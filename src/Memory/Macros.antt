-- ===== src/Memory/Macros.antt =====
-- `ngx_queue_init` and `ngx_queue_empty` on rings.
use nginx_rpc.Common.{
  ℕ, ◌≡◌, ◌∙◌, sym, true, false, List, [], ◌∷◌, map, NotIn, Bool-cases, inl, inr,
}
use nginx_rpc.Ring.{Node, Links, task, head}
use nginx_rpc.Ring.Chain.{IsRing, Chain-prev, ne-last}
use nginx_rpc.Memory.{QueueMacros}

module _ (queue : QueueMacros) {l : Links} {h : Node} where
  pub empty-nil : IsRing l h [] → queue.empty h l ≡ true
  empty-nil r = (queue.empty_iff h l).1 r.chain.1

  pub empty-cons : {x : Node} {xs : List Node} → IsRing l h (x ∷ xs) → queue.empty h l ≡ false
  empty-cons {x} {xs} r = elim (Bool-cases (queue.empty h l)) [
    | inl e ↦ absurd (
        ne-last h x xs r.distinct.0.0 r.distinct.0.1
          (sym ((queue.empty_iff h l).0 e) ∙ Chain-prev l h (x ∷ xs) h r.chain))
    | inr e ↦ e
  ]

pub init-IsRing : (queue : QueueMacros) (h : Node) (l : Links) → IsRing (queue.init h l) h []
init-IsRing queue h l = record { chain = queue.init_self h l; distinct = (tt, tt) }

pub task-injective : {a b : ℕ} → task a ≡ task b → a ≡ b
task-injective e = cc

-- Task nodes are told apart by their tasks, and from the nodes of other kinds.
pub NotIn-tasks : (t : ℕ) (ts : List ℕ) → NotIn t ts → NotIn (task t) (map task ts)
NotIn-tasks t [] out = tt
NotIn-tasks t (x ∷ ts) out = ((λ e. out.0 (task-injective e)), NotIn-tasks t ts out.1)

pub head_NotIn-tasks : (n : ℕ) (ts : List ℕ) → NotIn (head n) (map task ts)
head_NotIn-tasks n [] = tt
head_NotIn-tasks n (x ∷ ts) = ((λ e. cc), head_NotIn-tasks n ts)
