-- ===== src/Notify/Fifo.antt =====
-- The pending queue of a notify (ngx_rpc_module/ngx_rpc_notify.c) against a list of tasks.
use nginx_rpc.Common.{
  ℕ, ◌≡◌, refl, ap, Option, none, some, List, [], ◌∷◌, ◌++◌, map, map-append, NotIn,
}
use nginx_rpc.Ring.{Node, Links, task, head}
use nginx_rpc.Ring.Chain.{IsRing}
use nginx_rpc.Ring.Push.{link_tail-IsRing, link_tail-SameOutside}
use nginx_rpc.Ring.Frame.{SameOutside}
use nginx_rpc.Ring.Pop.{unlink_first, unlink_first-IsRing}
use nginx_rpc.Memory.{Status, ok, error, Memory, QueueMacros, set_links}
use nginx_rpc.Memory.Macros.{empty-nil, empty-cons, NotIn-tasks}
use nginx_rpc.Notify.{push_task, pop_task}

-- The tasks that wait at notify `n`, oldest first.
pub record Pending (l : Links) (n : ℕ) (ts : List ℕ) : Type 0 where
  pub ring : IsRing l (head n) (map task ts)

-- ngx_rpc_notify_push_task on a task that does not wait there yet puts it behind all others.
pub push_task-Pending :
    {n : ℕ} {ts : List ℕ} (m : Memory) (t : ℕ)
    → NotIn t ts
    → Pending m.links n ts
    → Pending (push_task n (task t) m).1.links n (ts ++ t ∷ [])
unfolding push_task
push_task-Pending {ts} m t out r = record {
  ring =
      rw (map-append task ts (t ∷ []))
        (link_tail-IsRing (task t) ((λ e. cc), NotIn-tasks t ts out) r.ring);
}

-- Its writes stay at the head, the task and the tasks that wait.
pub push_task-SameOutside :
    (m : Memory) (n t : ℕ) (ts : List ℕ)
    → Pending m.links n ts
    → SameOutside (head n ∷ map task (t ∷ ts)) m.links (push_task n (task t) m).1.links
unfolding push_task
push_task-SameOutside m n t ts r a o = link_tail-SameOutside (task t) r.ring a (o.1.0, (o.0, o.1.1))

module _ (queue : QueueMacros) {n : ℕ} where
  pub pop_task-nil : (m : Memory) → Pending m.links n [] → pop_task queue n m ≡ (error, none, m)
  unfolding pop_task
  pop_task-nil m r = rw (empty-nil queue r.ring)

  pub pop_task-cons :
      {t : ℕ} {ts : List ℕ} (m : Memory)
      → Pending m.links n (t ∷ ts)
      → pop_task queue n m
        ≡ (ok, some (task t), set_links (unlink_first (head n) (task t) m.links) m)
  unfolding pop_task
  pop_task-cons m r = rw (empty-cons queue r.ring, r.ring.chain.0)

pub unlink_first-Pending :
    {l : Links} {n t : ℕ} {ts : List ℕ}
    → Pending l n (t ∷ ts)
    → Pending (unlink_first (head n) (task t) l) n ts
unlink_first-Pending r = record { ring = unlink_first-IsRing r.ring }

-- Calls on one notify.
pub data Call : Type 0 where
  push : ℕ → Call
  pop : Call

-- What a call returns: the status, and the node for a pop.
abbrev pub Reply : Type 0
Reply = Status × Option Node

module _ (queue : QueueMacros) where
  -- A run of the code.
  pub run : ℕ → Memory → List Call → List Reply
  run n m [] = []
  run n m (push t ∷ cs) = let (s, m') = push_task n (task t) m in (s, none) ∷ run n m' cs
  run n m (pop ∷ cs) = let (s, node, m') = pop_task queue n m in (s, node) ∷ run n m' cs

-- The same calls on a list.
unfoldable pub spec : List ℕ → List Call → List Reply
spec ts [] = []
spec ts (push t ∷ cs) = (ok, none) ∷ spec (ts ++ t ∷ []) cs
spec [] (pop ∷ cs) = (error, none) ∷ spec [] cs
spec (t ∷ ts) (pop ∷ cs) = (ok, some (task t)) ∷ spec ts cs

-- No task is pushed while it waits.
abbrev pub Once : List ℕ → List Call → Type 0
Once ts [] = Unit
Once ts (push t ∷ cs) = NotIn t ts × Once (ts ++ t ∷ []) cs
Once [] (pop ∷ cs) = Once [] cs
Once (t ∷ ts) (pop ∷ cs) = Once ts cs

-- Whatever calls are made on the pointers of a notify's queue, as long as no task is pushed while
-- it waits there, the replies are those of a first-in first-out list.
pub run-spec :
    (queue : QueueMacros) (n : ℕ) (m : Memory) (ts : List ℕ) (cs : List Call)
    → Pending m.links n ts
    → Once ts cs
    → run queue n m cs ≡ spec ts cs
unfolding run spec push_task
run-spec queue n m ts [] r once = refl
run-spec queue n m ts (push t ∷ cs) r once =
    ap (λ rs. (ok, none) ∷ rs)
      (run-spec queue n (push_task n (task t) m).1 (ts ++ t ∷ []) cs
        (push_task-Pending m t once.0 r) once.1)
run-spec queue n m [] (pop ∷ cs) r once =
    rw (pop_task-nil queue m r, run-spec queue n m [] cs r once)
run-spec queue n m (t ∷ ts) (pop ∷ cs) r once = rw (pop_task-cons queue m r) (
    ap (λ rs. (ok, some (task t)) ∷ rs)
      (run-spec queue n (set_links (unlink_first (head n) (task t) m.links) m) ts cs
        (unlink_first-Pending r) once))
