-- ===== src/RpcQueue.antt =====
-- ngx_rpc_module/ngx_rpc_queue.c: the queue object that the master process creates. It holds a
-- notify for each process and the ring of the notifies whose processes are idle. A critical
-- section of `idles_lock` is one transition. The results of calls into nginx are arguments.
pub mod View
pub mod Dispatch
pub mod Ready
pub mod Life
use nginx_rpc.Common.{
  ℕ, zero, suc, ◌+◌, ◌≡◌, Bool, true, false, Option, none, some, List, [], ◌∷◌, if◌then◌else◌, put,
}
use nginx_rpc.Common.Int.{ℤ}
use nginx_rpc.Ring.{Node, Links, idles, idle, task, set_next, set_prev}
use nginx_rpc.Memory.{
  Status, ok, error, Outcome, done, fault, ◌>>=◌, deref, Task, free_queue, free_slots, Memory,
  QueueMacros, notify_of, emit, set_task, set_links,
}
use nginx_rpc.Notify
use nginx_rpc.Notify.{Handler}

-- `ngx_rpc_queue_t`: its own number, that of its slot array, and what the array holds. Its ring
-- node is `idles`.
pub record RpcQueue : Type 0 where
  pub self : ℕ
  pub slot_array : Option ℕ
  pub notify_slot : List (Option ℕ)

-- What the allocator, ngx_shmtx_create and eventfd answer during one ngx_rpc_notify_create.
pub record Answers : Type 0 where
  pub fresh : Option ℕ
  pub lock : Bool
  pub fd : ℤ

-- `proc_notify_node->next->prev = &idles` after `idles.next = proc_notify_node->next`.
unfoldable pub take_idle : Node → Links → Links
unfolding set_next set_prev
take_idle node l0 = let l1 = set_next idles (l0.next node) l0 in set_prev (l1.next node) idles l1

module _ (queue : QueueMacros) where
  -- The loop of ngx_rpc_queue_create: slot `c` and the `k` behind it.
  unfoldable pub fill :
      (answers : ℕ → Answers) (c k : ℕ) → Memory → Outcome (List (Option ℕ) × Memory)
  fill answers c zero m = done ([], m)
  fill answers c (suc k) m =
      Notify.create queue (answers c).fresh (answers c).lock (answers c).fd m >>= λ created.
      fill answers (c + 1) k created.1 >>= λ rest. done (created.0 ∷ rest.0, rest.1)

  -- The slot array is written only if there is a slot.
  unfoldable pub fill_array :
      Option ℕ → (answers : ℕ → Answers) → ℕ → ℕ → Memory → Outcome (Option RpcQueue × Memory)
  unfolding fill
  fill_array slots answers q zero m =
      done (some (record { self = q; slot_array = slots; notify_slot = [] }), m)
  fill_array none answers q (suc k) m = fault
  fill_array (some a) answers q (suc k) m = fill answers 0 (suc k) m >>= λ filled.
      done (some (record { self = q; slot_array = some a; notify_slot = filled.0 }), filled.1)

  -- ngx_rpc_queue_create. `fresh` and `slots` are what ngx_slab_alloc returns for the queue and
  -- for its array, `lock` whether ngx_shmtx_create succeeds.
  unfoldable pub create :
      (fresh : Option ℕ) (lock : Bool) (slots : Option ℕ) (answers : ℕ → Answers) (notify_num : ℕ)
      → Memory
      → Outcome (Option RpcQueue × Memory)
  unfolding fill_array
  create none lock slots answers notify_num m = done (none, m)
  create (some q) lock slots answers notify_num m =
      if lock
      then fill_array slots answers q notify_num (set_links (queue.init idles m.links) m)
      else done (none, emit (free_queue q) m)

  -- ngx_rpc_queue_push_and_notify: give the task to the first idle process.
  unfoldable pub push_and_notify : ℕ → Memory → Outcome (Status × Memory)
  push_and_notify t m =
      if queue.empty idles m.links
      then done (error, m)
      else let node = m.links.next idles in
        let m1 = set_links (take_idle node m.links) m in
        (do
          n ← notify_of node
          done (
              Notify.push_task n (task t)
                (set_task t (record (m1.task t) { proc_notify = some n }) m1)))

-- The loop of ngx_rpc_queue_destory.
unfoldable pub free_all : List (Option ℕ) → Memory → Outcome Memory
free_all [] m = done m
free_all (slot ∷ slots) m = deref slot >>= λ n. free_all slots (Notify.free n m)

-- ngx_rpc_queue_destory
unfoldable pub destroy : RpcQueue → Memory → Outcome Memory
unfolding free_all
destroy q m = do
  m' ← free_all q.notify_slot m
  done (emit (free_queue q.self) (emit (free_slots q.slot_array) m'))

-- ngx_rpc_queue_add_current_consumer and ngx_rpc_queue_add_current_producer: both register the
-- notify of the process's slot.
unfoldable pub add_current_consumer :
    (slot last : ℤ) (conn : Option ℕ) (added : Bool)
    → RpcQueue
    → (ctx : ℕ) → Memory
    → Outcome (Option ℕ × Memory)
add_current_consumer slot last conn added q ctx m =
    Notify.register slot last conn added q.notify_slot ctx m

unfoldable pub add_current_producer :
    (slot last : ℤ) (conn : Option ℕ) (added : Bool)
    → RpcQueue
    → (ctx : ℕ) → Memory
    → Outcome (Option ℕ × Memory)
add_current_producer slot last conn added q ctx m =
    Notify.register slot last conn added q.notify_slot ctx m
········
WHAT YOU NEED TO DO - Show all lines above that contain "none".

SOLUTION FOR THIS TASK -
  ℕ, ◌≡◌, refl, ap, Option, none, some, List, [], ◌∷◌, ◌++◌, map, map-append, NotIn,
  pub pop_task-nil : (m : Memory) → Pending m.links n [] → pop_task queue n m ≡ (error, none, m)
  run n m (push t ∷ cs) = let (s, m') = push_task n (task t) m in (s, none) ∷ run n m' cs
spec ts (push t ∷ cs) = (ok, none) ∷ spec (ts ++ t ∷ []) cs
spec [] (pop ∷ cs) = (error, none) ∷ spec [] cs
    ap (λ rs. (ok, none) ∷ rs)
  ℕ, zero, suc, ◌+◌, ◌≡◌, Bool, true, false, Option, none, some, List, [], ◌∷◌, if◌then◌else◌, put,
  fill_array none answers q (suc k) m = fault
  create none lock slots answers notify_num m = done (none, m)
      else done (none, emit (free_queue q) m)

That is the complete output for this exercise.